╭─ Record extracts

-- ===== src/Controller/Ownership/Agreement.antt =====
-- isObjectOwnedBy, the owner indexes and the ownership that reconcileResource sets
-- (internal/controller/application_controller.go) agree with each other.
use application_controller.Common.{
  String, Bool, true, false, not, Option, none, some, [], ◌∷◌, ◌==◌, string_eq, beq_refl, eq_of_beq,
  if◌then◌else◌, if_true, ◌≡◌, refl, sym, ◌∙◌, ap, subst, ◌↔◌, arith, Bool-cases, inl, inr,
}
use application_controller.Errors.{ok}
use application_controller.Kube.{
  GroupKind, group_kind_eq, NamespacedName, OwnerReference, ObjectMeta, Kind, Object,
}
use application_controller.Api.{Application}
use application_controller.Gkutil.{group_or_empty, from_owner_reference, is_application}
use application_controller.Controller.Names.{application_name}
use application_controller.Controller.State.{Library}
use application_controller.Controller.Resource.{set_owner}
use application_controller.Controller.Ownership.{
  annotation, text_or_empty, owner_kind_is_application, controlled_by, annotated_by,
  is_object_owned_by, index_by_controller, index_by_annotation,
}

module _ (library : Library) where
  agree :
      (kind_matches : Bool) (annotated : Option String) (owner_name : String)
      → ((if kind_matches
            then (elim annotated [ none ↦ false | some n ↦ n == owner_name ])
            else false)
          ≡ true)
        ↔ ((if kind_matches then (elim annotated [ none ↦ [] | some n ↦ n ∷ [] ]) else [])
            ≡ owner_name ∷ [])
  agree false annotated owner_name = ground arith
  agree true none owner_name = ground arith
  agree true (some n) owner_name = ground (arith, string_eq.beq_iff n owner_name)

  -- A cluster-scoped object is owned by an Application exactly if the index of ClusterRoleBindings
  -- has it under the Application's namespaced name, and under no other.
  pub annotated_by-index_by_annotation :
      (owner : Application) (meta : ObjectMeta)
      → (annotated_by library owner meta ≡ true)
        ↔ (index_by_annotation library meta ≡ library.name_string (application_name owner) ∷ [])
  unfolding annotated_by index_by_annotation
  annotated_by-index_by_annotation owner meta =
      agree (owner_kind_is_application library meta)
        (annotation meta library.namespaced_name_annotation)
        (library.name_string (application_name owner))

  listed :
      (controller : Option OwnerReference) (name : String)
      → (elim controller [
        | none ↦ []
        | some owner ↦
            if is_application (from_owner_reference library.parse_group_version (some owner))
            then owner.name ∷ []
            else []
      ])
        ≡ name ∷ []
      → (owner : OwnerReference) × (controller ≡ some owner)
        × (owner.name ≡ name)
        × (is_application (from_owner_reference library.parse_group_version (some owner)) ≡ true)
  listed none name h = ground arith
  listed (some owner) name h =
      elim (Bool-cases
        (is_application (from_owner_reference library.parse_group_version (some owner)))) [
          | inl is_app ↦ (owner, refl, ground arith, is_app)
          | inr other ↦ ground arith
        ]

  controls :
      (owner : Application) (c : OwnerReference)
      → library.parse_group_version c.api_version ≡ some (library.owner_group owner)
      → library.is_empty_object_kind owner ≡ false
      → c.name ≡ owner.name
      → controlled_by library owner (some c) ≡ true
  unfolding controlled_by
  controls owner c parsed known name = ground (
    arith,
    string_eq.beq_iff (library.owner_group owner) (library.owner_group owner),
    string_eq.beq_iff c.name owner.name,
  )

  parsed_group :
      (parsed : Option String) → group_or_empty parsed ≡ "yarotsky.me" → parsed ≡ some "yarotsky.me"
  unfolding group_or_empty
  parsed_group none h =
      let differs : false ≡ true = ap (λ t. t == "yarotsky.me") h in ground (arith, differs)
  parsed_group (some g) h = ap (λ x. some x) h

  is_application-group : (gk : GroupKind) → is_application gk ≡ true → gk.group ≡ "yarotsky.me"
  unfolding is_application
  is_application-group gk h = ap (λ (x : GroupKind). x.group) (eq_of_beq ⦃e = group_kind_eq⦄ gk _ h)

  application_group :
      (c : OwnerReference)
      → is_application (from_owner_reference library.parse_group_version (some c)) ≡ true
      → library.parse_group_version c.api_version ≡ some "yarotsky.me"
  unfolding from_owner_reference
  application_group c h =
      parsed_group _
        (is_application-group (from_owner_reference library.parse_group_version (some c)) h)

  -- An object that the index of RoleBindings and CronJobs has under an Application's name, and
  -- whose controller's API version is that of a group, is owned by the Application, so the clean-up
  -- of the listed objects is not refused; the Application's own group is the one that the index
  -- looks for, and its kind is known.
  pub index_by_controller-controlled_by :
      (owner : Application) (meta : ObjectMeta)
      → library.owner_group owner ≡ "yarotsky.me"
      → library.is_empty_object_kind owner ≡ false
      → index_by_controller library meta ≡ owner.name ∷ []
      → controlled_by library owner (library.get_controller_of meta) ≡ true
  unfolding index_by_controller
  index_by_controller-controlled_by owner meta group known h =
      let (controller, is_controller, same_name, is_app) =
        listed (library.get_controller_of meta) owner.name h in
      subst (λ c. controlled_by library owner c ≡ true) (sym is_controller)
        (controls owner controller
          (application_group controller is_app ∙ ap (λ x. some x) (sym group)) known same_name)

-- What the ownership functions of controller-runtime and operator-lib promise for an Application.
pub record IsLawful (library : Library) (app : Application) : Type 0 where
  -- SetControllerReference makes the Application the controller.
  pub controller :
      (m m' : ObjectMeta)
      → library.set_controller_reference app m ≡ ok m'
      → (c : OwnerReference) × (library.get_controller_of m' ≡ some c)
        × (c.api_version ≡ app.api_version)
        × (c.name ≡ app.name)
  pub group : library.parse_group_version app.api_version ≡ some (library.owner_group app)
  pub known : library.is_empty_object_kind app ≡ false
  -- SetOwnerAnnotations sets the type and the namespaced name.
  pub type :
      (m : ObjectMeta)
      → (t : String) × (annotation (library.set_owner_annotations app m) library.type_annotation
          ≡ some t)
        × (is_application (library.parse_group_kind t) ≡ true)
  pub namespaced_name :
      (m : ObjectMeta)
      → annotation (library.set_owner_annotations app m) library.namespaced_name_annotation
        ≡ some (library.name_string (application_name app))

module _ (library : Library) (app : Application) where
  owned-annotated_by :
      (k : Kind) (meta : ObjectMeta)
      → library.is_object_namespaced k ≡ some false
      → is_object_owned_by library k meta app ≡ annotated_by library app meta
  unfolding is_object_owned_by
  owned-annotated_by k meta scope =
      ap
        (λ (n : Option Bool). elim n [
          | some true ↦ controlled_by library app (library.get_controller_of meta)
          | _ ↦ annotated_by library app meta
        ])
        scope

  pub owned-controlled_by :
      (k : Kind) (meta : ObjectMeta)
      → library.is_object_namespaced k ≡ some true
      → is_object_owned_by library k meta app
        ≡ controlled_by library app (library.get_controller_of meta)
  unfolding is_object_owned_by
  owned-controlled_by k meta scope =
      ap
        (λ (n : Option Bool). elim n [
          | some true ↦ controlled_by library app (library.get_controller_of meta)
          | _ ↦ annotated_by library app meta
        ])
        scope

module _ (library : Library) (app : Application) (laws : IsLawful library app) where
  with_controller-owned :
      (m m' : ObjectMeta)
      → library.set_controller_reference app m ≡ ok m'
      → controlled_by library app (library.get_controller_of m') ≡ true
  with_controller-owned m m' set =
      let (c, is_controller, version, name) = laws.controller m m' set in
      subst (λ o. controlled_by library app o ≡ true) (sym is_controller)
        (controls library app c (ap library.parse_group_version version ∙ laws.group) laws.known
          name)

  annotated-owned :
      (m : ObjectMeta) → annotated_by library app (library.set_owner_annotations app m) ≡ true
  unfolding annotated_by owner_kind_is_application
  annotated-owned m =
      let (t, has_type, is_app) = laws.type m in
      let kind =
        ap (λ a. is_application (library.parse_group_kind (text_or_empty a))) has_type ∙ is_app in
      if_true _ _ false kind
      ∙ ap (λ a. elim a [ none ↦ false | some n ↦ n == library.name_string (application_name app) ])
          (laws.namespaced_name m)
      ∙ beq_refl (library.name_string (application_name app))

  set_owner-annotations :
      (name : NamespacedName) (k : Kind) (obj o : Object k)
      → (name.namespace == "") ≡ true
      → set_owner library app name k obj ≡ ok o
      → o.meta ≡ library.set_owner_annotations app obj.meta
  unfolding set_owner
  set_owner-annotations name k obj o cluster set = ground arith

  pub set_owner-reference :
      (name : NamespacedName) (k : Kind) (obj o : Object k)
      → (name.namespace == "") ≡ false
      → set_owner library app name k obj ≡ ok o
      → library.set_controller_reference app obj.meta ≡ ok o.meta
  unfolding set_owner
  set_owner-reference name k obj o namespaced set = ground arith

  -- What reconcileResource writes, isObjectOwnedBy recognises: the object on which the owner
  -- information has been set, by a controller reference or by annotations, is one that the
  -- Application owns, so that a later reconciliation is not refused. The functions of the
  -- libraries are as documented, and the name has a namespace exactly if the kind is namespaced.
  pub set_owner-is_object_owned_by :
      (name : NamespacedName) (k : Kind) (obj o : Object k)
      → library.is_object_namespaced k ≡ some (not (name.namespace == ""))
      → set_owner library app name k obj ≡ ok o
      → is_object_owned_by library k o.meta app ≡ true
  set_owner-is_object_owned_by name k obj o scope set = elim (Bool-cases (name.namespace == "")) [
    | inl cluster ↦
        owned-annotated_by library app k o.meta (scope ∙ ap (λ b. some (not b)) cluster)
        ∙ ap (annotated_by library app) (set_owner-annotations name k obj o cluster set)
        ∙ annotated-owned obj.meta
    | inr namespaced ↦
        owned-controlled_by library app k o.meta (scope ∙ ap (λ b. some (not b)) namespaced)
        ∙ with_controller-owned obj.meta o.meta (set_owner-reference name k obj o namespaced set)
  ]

╰─

> **The problem**: Reproduce the lines above, beginning at the line with "parsed_group _" and stopping after the line with "(application_group controller is_app", exactly as they are.

> **Expected answer**:
      parsed_group _
        (is_application-group (from_owner_reference library.parse_group_version (some c)) h)

  -- An object that the index of RoleBindings and CronJobs has under an Application's name, and
  -- whose controller's API version is that of a group, is owned by the Application, so the clean-up
  -- of the listed objects is not refused; the Application's own group is the one that the index
  -- looks for, and its kind is known.
  pub index_by_controller-controlled_by :
      (owner : Application) (meta : ObjectMeta)
      → library.owner_group owner ≡ "yarotsky.me"
      → library.is_empty_object_kind owner ≡ false
      → index_by_controller library meta ≡ owner.name ∷ []
      → controlled_by library owner (library.get_controller_of meta) ≡ true
  unfolding index_by_controller
  index_by_controller-controlled_by owner meta group known h =
      let (controller, is_controller, same_name, is_app) =
        listed (library.get_controller_of meta) owner.name h in
      subst (λ c. controlled_by library owner c ≡ true) (sym is_controller)
        (controls owner controller
          (application_group controller is_app ∙ ap (λ x. some x) (sym group)) known same_name)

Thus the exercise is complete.